BEGIN The input
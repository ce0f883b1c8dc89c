-- ===== src/Function.antt =====
-- What the allocator reads of its client and gives back to it (src/lib.rs: the trait `Function`,
-- `Edit`, `Output`, `RegAllocError`). The trait is a record of its methods; the client that
-- implements it is a parameter.
use regalloc2_orig.Prelude.{
  ℕ, suc, ◌+◌, ◌-◌, Bool, ◌==◌, List, Option, some, ◌>>=◌, ◌>>◌, assert, leb, get_elem?, length,
  take, drop, if◌then◌else◌,
}
use regalloc2_orig.Index
use regalloc2_orig.Index.{Inst, Block}
use regalloc2_orig.Index.InstRange.{InstRange, len, iter}
use regalloc2_orig.Reg.{RegClass}
use regalloc2_orig.Reg.PReg.{PReg}
use regalloc2_orig.Reg.VReg.{VReg}
use regalloc2_orig.Operand.{Operand}
use regalloc2_orig.Alloc.{Allocation}
use regalloc2_orig.ProgPoint.{ProgPoint}

pub record Function : Type 0 where
  pub insts : ℕ
  pub blocks : ℕ
  pub entry_block : Block
  pub block_insns : Block → InstRange
  pub block_succs : Block → List Block
  pub block_preds : Block → List Block
  pub block_params : Block → List VReg
  pub is_call : Inst → Bool
  pub is_ret : Inst → Bool
  pub is_branch : Inst → Bool
  pub is_safepoint : Inst → Bool
  pub is_move : Inst → Option (VReg × VReg)
  pub inst_operands : Inst → List Operand
  pub inst_clobbers : Inst → List PReg
  pub num_vregs : ℕ
  pub spillslot_size : RegClass → VReg → ℕ
  pub multi_spillslot_named_by_last_slot : Bool

-- The instructions of `range.iter()`, with one round more than the range has instructions.
abbrev pub items : InstRange → Option (List Inst)
items r = do n ← len r; iter (suc n) r

pub data Edit : Type 0 where
  move : (from to : Allocation) → Edit
  block_params : (vregs : List VReg) (allocs : List Allocation) → Edit

-- The counters of `stats` are left out.
pub record Output : Type 0 where
  pub num_spillslots : ℕ
  pub edits : List (ProgPoint × Edit)
  pub allocs : List Allocation
  pub inst_alloc_offsets : List ℕ

-- `&self.allocs[start..end]`
abbrev slice : List Allocation → ℕ → ℕ → Option (List Allocation)
slice xs start end = do
  assert (leb start end)
  assert (leb end (length xs))
  some (take (end - start) (drop start xs))

unfoldable pub inst_allocs : Output → Inst → Option (List Allocation)
inst_allocs out inst = do
  i ← Index.index inst
  start ← get_elem? out.inst_alloc_offsets i
  end ←
      if i + 1 == length out.inst_alloc_offsets
      then some (length out.allocs)
      else get_elem? out.inst_alloc_offsets (i + 1)
  slice out.allocs start end

pub data RegAllocError : Type 0 where
  ssa : VReg → Inst → RegAllocError
  bb : Block → RegAllocError
  branch : Inst → RegAllocError
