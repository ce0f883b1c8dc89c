-- ===== src/Postorder.antt =====
-- The postorder of the blocks (src/postorder.rs): a depth-first search with an explicit stack. `none`
-- is a panic, or the fuel of the loop spent.
pub mod Blocks
pub mod Ends
pub mod Kept
pub mod Once
use regalloc2_orig.Prelude.{
  ℕ, zero, suc, Bool, true, false, List, [], ◌∷◌, ◌++◌, Option, none, some, ◌>>=◌, ◌>>◌, assert,
  ltb, get_elem?, set, length, replicate,
}
use regalloc2_orig.Index
use regalloc2_orig.Index.{Block}

pub record State : Type 0 where
  pub block : Block
  pub succs : List Block
  pub next_succ : ℕ

-- The variables of `calculate`; the top of the stack is the head of the list.
pub record Search : Type 0 where
  pub ret : List Block
  pub visited : List Bool
  pub stack : List State

-- `visited[block.index()] = true` and the push of the block's state.
unfoldable pub visit :
    (Block → List Block) → Block → List Block → List Bool → List State → Option Search
visit succ_blocks block ret visited stack = do
  i ← Index.index block
  assert (ltb i (length visited))
  some (record {
    ret = ret;
    visited = set visited i true;
    stack = record { block = block; succs = succ_blocks block; next_succ = 0 } ∷ stack;
  })

-- One action, for the state on the top of the stack.
unfoldable pub act :
    (Block → List Block) → List Block → List Bool → State → List State → Option Search
unfolding visit
act succ_blocks ret visited state stack = elim (get_elem? state.succs state.next_succ) [
  | some succ ↦ (do
    let stack = record state { next_succ = suc state.next_succ } ∷ stack
    i ← Index.index succ
    seen ← get_elem? visited i
    elim seen [
      | true ↦ some (record { ret = ret; visited = visited; stack = stack })
      | false ↦ visit succ_blocks succ ret visited stack
    ])
  | none ↦ some (record { ret = ret ++ (state.block ∷ []); visited = visited; stack = stack })
]

unfoldable pub loop :
    ℕ → (Block → List Block) → List Block → List Bool → List State → Option (List Block)
unfolding act
loop zero succ_blocks ret visited stack = none
loop (suc fuel) succ_blocks ret visited [] = some ret
loop (suc fuel) succ_blocks ret visited (state ∷ stack) = do
  s ← act succ_blocks ret visited state stack
  loop fuel succ_blocks s.ret s.visited s.stack

unfoldable pub calculate : ℕ → ℕ → Block → (Block → List Block) → Option (List Block)
unfolding visit loop
calculate fuel num_blocks entry succ_blocks = do
  s ← visit succ_blocks entry [] (replicate num_blocks false) []
  loop fuel succ_blocks s.ret s.visited s.stack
END The input
What this task involves: Everything above from the line containing "some succ ↦ (do" through the line containing "unfolding act" must be copied exactly. Nothing outside that range belongs in the answer.

Response to this exercise:
  | some succ ↦ (do
    let stack = record state { next_succ = suc state.next_succ } ∷ stack
    i ← Index.index succ
    seen ← get_elem? visited i
    elim seen [
      | true ↦ some (record { ret = ret; visited = visited; stack = stack })
      | false ↦ visit succ_blocks succ ret visited stack
    ])
  | none ↦ some (record { ret = ret ++ (state.block ∷ []); visited = visited; stack = stack })
]

unfoldable pub loop :
    ℕ → (Block → List Block) → List Block → List Bool → List State → Option (List Block)
unfolding act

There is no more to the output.